Physiol Mol Biol Plants. 2021 Jun;27(6):1311-1321. doi: 10.1007/s12298-021-01018-x. Epub 2021 Jun 10.
Aluminum (Al) toxicity is a major limitation to crop production in countries where acidic soil is abundant. In China, soybean production is constrained by Al stress-induced toxicity. As such, there is growing interest to develop Al-resistant varieties. In the present study, we sought to determine potential genes, functions and pathways for screening and breeding of Al-resistant varieties of soybean. First, we mined the E-GEOD-18517 dataset and identified 729 differentially expressed genes (DEGs) between untreated and Al-treated groups. Next, we performed Gene Ontology and Kyoto Encyclopedia of Genes and Genome pathways enrichment analysis and observed that most of the screened genes were mainly enriched in defense response, plasma membrane and molecular transducer activity. They were also enriched in three important pathways, the phenylpropanoid biosynthesis, plant-pathogen interaction, and cutin, suberine and wax biosynthesis. Utilizing weighted gene co-expression network analysis of 815 DEGs screened by Venn diagram, we identified DEGs that were the most disparate between treated and untreated groups. LOC100793667 (probable protein phosphatase 2C 60, GLYMA_17G223800), LOC100780576 (ethylene-responsive transcription factor 1B, GLYMA_02G006200), and LOC100785578 (protein ESKIMO 1, GLYMA_02G258000) were the most differentially expressed, which were consistent with the qRT-PCR results. As these genes are known to participate in essential functions, such as cell junction and phenylpropanoid biosynthesis, these genes may be important for breeding Al-resistant varieties.

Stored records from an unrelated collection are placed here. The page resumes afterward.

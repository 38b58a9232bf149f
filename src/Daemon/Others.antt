-- ===== src/Daemon/Others.antt =====
-- No command of one connection, but for NQ_CONNECT, touches the sessions of another.
use trustonic_tee_user_space.Prelude.{
  ℕ, ◌≡◌, refl, subst, ap, true, false, List, map, arith, ◌==◌, Bool-cases, Option-cases, inl, inr,
}
use trustonic_tee_user_space.Status.{mc_drv_ok}
use trustonic_tee_user_space.Device.{Device, Env, Event, cmd_get_mobicore_version}
use trustonic_tee_user_space.Device.Mcp.{mcp_command, notify_session}
use trustonic_tee_user_space.Device.Sessions.{notify}
use trustonic_tee_user_space.Device.Commands.{map_bulk, unmap_bulk, get_mobicore_version}
use trustonic_tee_user_space.Device.Mapping.{map_bulk-others, unmap_bulk-others}
use trustonic_tee_user_space.Device.Open.{lock_wsm_l2}
use trustonic_tee_user_space.Device.Close.{close}
use trustonic_tee_user_space.Device.Ownership.{Fresh, Distinct}
use trustonic_tee_user_space.Device.Skeleton.{fixed, skeleton, mcp_command-Framed}
use trustonic_tee_user_space.Daemon.{
  World, Daemon, Received, read_failed, wrong_length, payload, has_device,
}
use trustonic_tee_user_space.Daemon.Process.{
  MapRequest, UnmapRequest, device_id_default, process_open_device, close_device, map_locked,
  process_close_device, process_close_session, process_notify, process_map_bulk_buf,
  process_unmap_bulk_buf, process_get_version, process_get_mobicore_version,
}
use trustonic_tee_user_space.Daemon.Dispatch.{
  Request, open_device, close_device_request, open_session_request, open_trustlet, open_trusted_app,
  close_session_request, nq_connect, notify_request, map_bulk_buf_request, unmap_bulk_buf_request,
  get_version, get_mobicore_version_request, handle_command,
}
use trustonic_tee_user_space.Daemon.Kept.{
  Kept, Kept-trans, Kept-same, Kept-close_session, KeptOption, Kept-close,
}
use trustonic_tee_user_space.Daemon.Isolation.{
  Spares, recv_payload-Spares, check_device-Spares, Spares-open_session, Spares-open_trustlet,
}

notify-skeleton :
    (d : Device) (connection session_id : ℕ)
    → skeleton (notify d connection session_id).1 ≡ skeleton d
unfolding notify notify_session
notify-skeleton d connection session_id = ground arith

get_mobicore_version-skeleton :
    (env : Env) (d : Device) → skeleton (get_mobicore_version env d).2 ≡ skeleton d
unfolding get_mobicore_version
get_mobicore_version-skeleton env d =
    let framed = mcp_command-Framed env cmd_get_mobicore_version d in
    elim (Option-cases d.mc_version_info) [
      | inr (v, e) ↦ rw (e, get_mobicore_version) refl
      | inl e ↦ elim (Bool-cases ((mcp_command env cmd_get_mobicore_version d).0 == mc_drv_ok)) [
        | inl ok ↦ rw (e, ok, get_mobicore_version) framed.same_sessions
        | inr bad ↦ rw (e, bad, get_mobicore_version) framed.same_sessions
      ]
    ]

lock-sessions :
    (env : Env) (d : Device) (handle : ℕ) → (lock_wsm_l2 env d handle).1.sessions ≡ d.sessions
unfolding lock_wsm_l2
lock-sessions env d handle = ground arith

module _ (w : World) (c : ℕ) where
  Kept-map_locked :
      (d : Daemon) (cmd : MapRequest)
      → Distinct d.device.sessions
      → Kept c d.device (map_locked w d c cmd).device
  unfolding map_locked
  Kept-map_locked d cmd h =
      let p_addr_l2 = w.env.find_wsm d.device.log cmd.handle (w.socket_descriptor c) in
      let (same, h') =
        map_bulk-others w.env d.device c cmd.session_id cmd.handle p_addr_l2 cmd.offset_payload
          cmd.len_bulk_mem h in
      elim (Bool-cases (p_addr_l2 == 0)) [
        | inl e ↦ rw (e, map_locked) (Kept-same c d.device d.device refl h)
        | inr e ↦
            elim (Option-cases
              (map_bulk w.env d.device c cmd.session_id cmd.handle p_addr_l2 cmd.offset_payload
                cmd.len_bulk_mem).1) [
                  | inl r ↦ rw (e, r, map_locked) (record { untouched = same; distinct = h' })
                  | inr (adr, r) ↦
                      rw (e, r, map_locked) (record { untouched = same; distinct = h' })
                ]
      ]

  module _ (d : Daemon) (h : Distinct d.device.sessions) where
    Spares-open_device : (r : Received ℕ) → Spares c d (process_open_device d c r)
    unfolding process_open_device
    Spares-open_device r = recv_payload-Spares c c d h r _ (λ device_id.
        elim (Bool-cases (has_device c d.opened)) [
          | inl e ↦ rw e (Kept-same c d.device d.device refl h)
          | inr e ↦ elim (Bool-cases (device_id == device_id_default)) [
            | inl i ↦ rw (e, i) (Kept-same c d.device d.device refl h)
            | inr i ↦ rw (e, i) (Kept-same c d.device d.device refl h)
          ]
        ])

    Spares-close_device : (fuel : ℕ) → Spares c d (close_device fuel w d c)
    unfolding close_device
    Spares-close_device fuel =
        let kept = Kept-close fuel w.env c d.device h in
        elim (Option-cases (close fuel w.env d.device c)) [
          | inl e ↦ rw (e, close_device) tt
          | inr (left, e) ↦
              let k : Kept c d.device left = subst (KeptOption c d.device) e kept in
              rw (e, close_device) k
        ]

    Spares-process_close_device : (fuel : ℕ) → Spares c d (process_close_device fuel w d c)
    unfolding process_close_device
    Spares-process_close_device fuel =
        let kept = Spares-close_device fuel in
        check_device-Spares c c d h _ (elim (Option-cases (close_device fuel w d c)) [
          | inl e ↦ rw e tt
          | inr (d', e) ↦ let k : Kept c d.device d'.device = subst (Spares c d) e kept in rw e k
        ])

    Spares-close_session : (r : Received ℕ) → Spares c d (process_close_session w d c r)
    unfolding process_close_session
    Spares-close_session r =
        recv_payload-Spares c c d h r _
          (λ id. check_device-Spares c c d h _ (Kept-close_session w.env c id d.device h))

    Spares-notify : (r : Received ℕ) → Kept c d.device (process_notify d c r).device
    unfolding process_notify
    Spares-notify read_failed = Kept-same c d.device d.device refl h
    Spares-notify wrong_length = Kept-same c d.device d.device refl h
    Spares-notify (payload id) = elim (Bool-cases (has_device c d.opened)) [
      | inl e ↦
          rw (e, process_notify)
            (Kept-same c d.device (notify d.device c id).1 (notify-skeleton d.device c id) h)
      | inr e ↦ rw (e, process_notify) (Kept-same c d.device d.device refl h)
    ]

    Spares-map : (r : Received MapRequest) → Spares c d (process_map_bulk_buf w d c r)
    unfolding process_map_bulk_buf
    Spares-map r = recv_payload-Spares c c d h r _ (λ cmd.
        let (done, device) = lock_wsm_l2 w.env d.device cmd.handle in
        let locked : Daemon = record d { device = device } in
        let same = lock-sessions w.env d.device cmd.handle in
        let start : Kept c d.device device = Kept-same c d.device device (ap (map fixed) same) h in
        check_device-Spares c c d h _ (elim (Bool-cases done) [
          | inl e ↦ rw e (Kept-trans start (Kept-map_locked locked cmd start.distinct))
          | inr e ↦ rw e start
        ]))

    Spares-unmap : (r : Received UnmapRequest) → Spares c d (process_unmap_bulk_buf w d c r)
    unfolding process_unmap_bulk_buf
    Spares-unmap r = recv_payload-Spares c c d h r _ (λ cmd.
        let (same, h') =
          unmap_bulk-others w.env d.device c cmd.session_id cmd.handle cmd.secure_virtual_adr
            cmd.len_bulk_mem h in
        let (ret, left) =
          unmap_bulk w.env d.device c cmd.session_id cmd.handle cmd.secure_virtual_adr
            cmd.len_bulk_mem in
        check_device-Spares c c d h _ (elim (Bool-cases (ret == mc_drv_ok)) [
          | inl e ↦ rw e (record { untouched = same; distinct = h' })
          | inr e ↦ rw e (record { untouched = same; distinct = h' })
        ]))

    Spares-version : Spares c d (process_get_mobicore_version w d c)
    unfolding process_get_mobicore_version
    Spares-version =
        let kept = Kept-same c d.device _ (get_mobicore_version-skeleton w.env d.device) h in
        check_device-Spares c c d h _ (elim (Option-cases (get_mobicore_version w.env d.device).1) [
          | inl e ↦ rw e kept
          | inr (v, e) ↦ rw e kept
        ])

-- The command is not NQ_CONNECT, which names a session of another connection.
abbrev pub NotConnect : Request → Type 0
NotConnect (nq_connect _) = ⊥
NotConnect _ = Unit

-- Whatever a connection sends, NQ_CONNECT and the commands for the registry's files apart, and
-- whatever the secure world, the kernel module and the registry answer: if no two sessions share an address, and the allocator gives none that
-- a session has, a handler that returns leaves the sessions of every other connection as they were,
-- but for their queues and states, and addresses stay distinct.
pub handle_command-Spares :
    (fuel : ℕ) (w : World) (d : Daemon) (c : ℕ) (r : Request)
    → NotConnect r
    → Distinct d.device.sessions
    → ((log : List Event) → Fresh (w.env.new_address log) d.device.sessions)
    → Spares c d (handle_command fuel w d c r)
unfolding handle_command process_get_version
handle_command-Spares fuel w d c (open_device r) n h f = Spares-open_device w c d h r
handle_command-Spares fuel w d c close_device_request n h f =
    Spares-process_close_device w c d h fuel
handle_command-Spares fuel w d c (open_session_request r) n h f =
    Spares-open_session w c d false r h f
handle_command-Spares fuel w d c (open_trustlet reads r) n h f =
    Spares-open_trustlet w c fuel d reads r h f
handle_command-Spares fuel w d c (open_trusted_app r) n h f = Spares-open_session w c d true r h f
handle_command-Spares fuel w d c (close_session_request r) n h f = Spares-close_session w c d h r
handle_command-Spares fuel w d c (nq_connect r) n h f = absurd n
handle_command-Spares fuel w d c (notify_request r) n h f = Spares-notify w c d h r
handle_command-Spares fuel w d c (map_bulk_buf_request r) n h f = Spares-map w c d h r
handle_command-Spares fuel w d c (unmap_bulk_buf_request r) n h f = Spares-unmap w c d h r
handle_command-Spares fuel w d c get_version n h f = Kept-same c d.device d.device refl h
handle_command-Spares fuel w d c get_mobicore_version_request n h f = Spares-version w c d h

The online version contains supplementary material available at 10.1007/s12298-021-01018-x.
铝(Al)毒性是酸性土壤丰富国家作物生产的主要限制因素。在中国,大豆生产受到铝胁迫诱导的毒性限制。因此,人们对培育抗铝品种的兴趣日益浓厚。在本研究中,我们试图确定用于大豆抗铝品种筛选和育种的潜在基因、功能和途径。首先,我们挖掘了E-GEOD-18517数据集,确定了未处理组和铝处理组之间的729个差异表达基因(DEG)。接下来,我们进行了基因本体论和京都基因与基因组百科全书途径富集分析,观察到大多数筛选出的基因主要富集在防御反应、质膜和分子转导活性中。它们还富集在三个重要途径中,即苯丙烷生物合成、植物-病原体相互作用以及角质、木栓质和蜡质生物合成。利用通过维恩图筛选出的815个DEG进行加权基因共表达网络分析,我们确定了处理组和未处理组之间差异最大的DEG。LOC100793667(可能的蛋白磷酸酶2C 60,GLYMA_17G223800)、LOC100780576(乙烯响应转录因子1B,GLYMA_02G006200)和LOC100785578(蛋白ESKIMO 1,GLYMA_02G258000)差异表达最为显著,这与qRT-PCR结果一致。由于已知这些基因参与细胞连接和苯丙烷生物合成等重要功能,这些基因可能对培育抗铝品种很重要。
在线版本包含可在10.1007/s12298-021-01018-x获取的补充材料。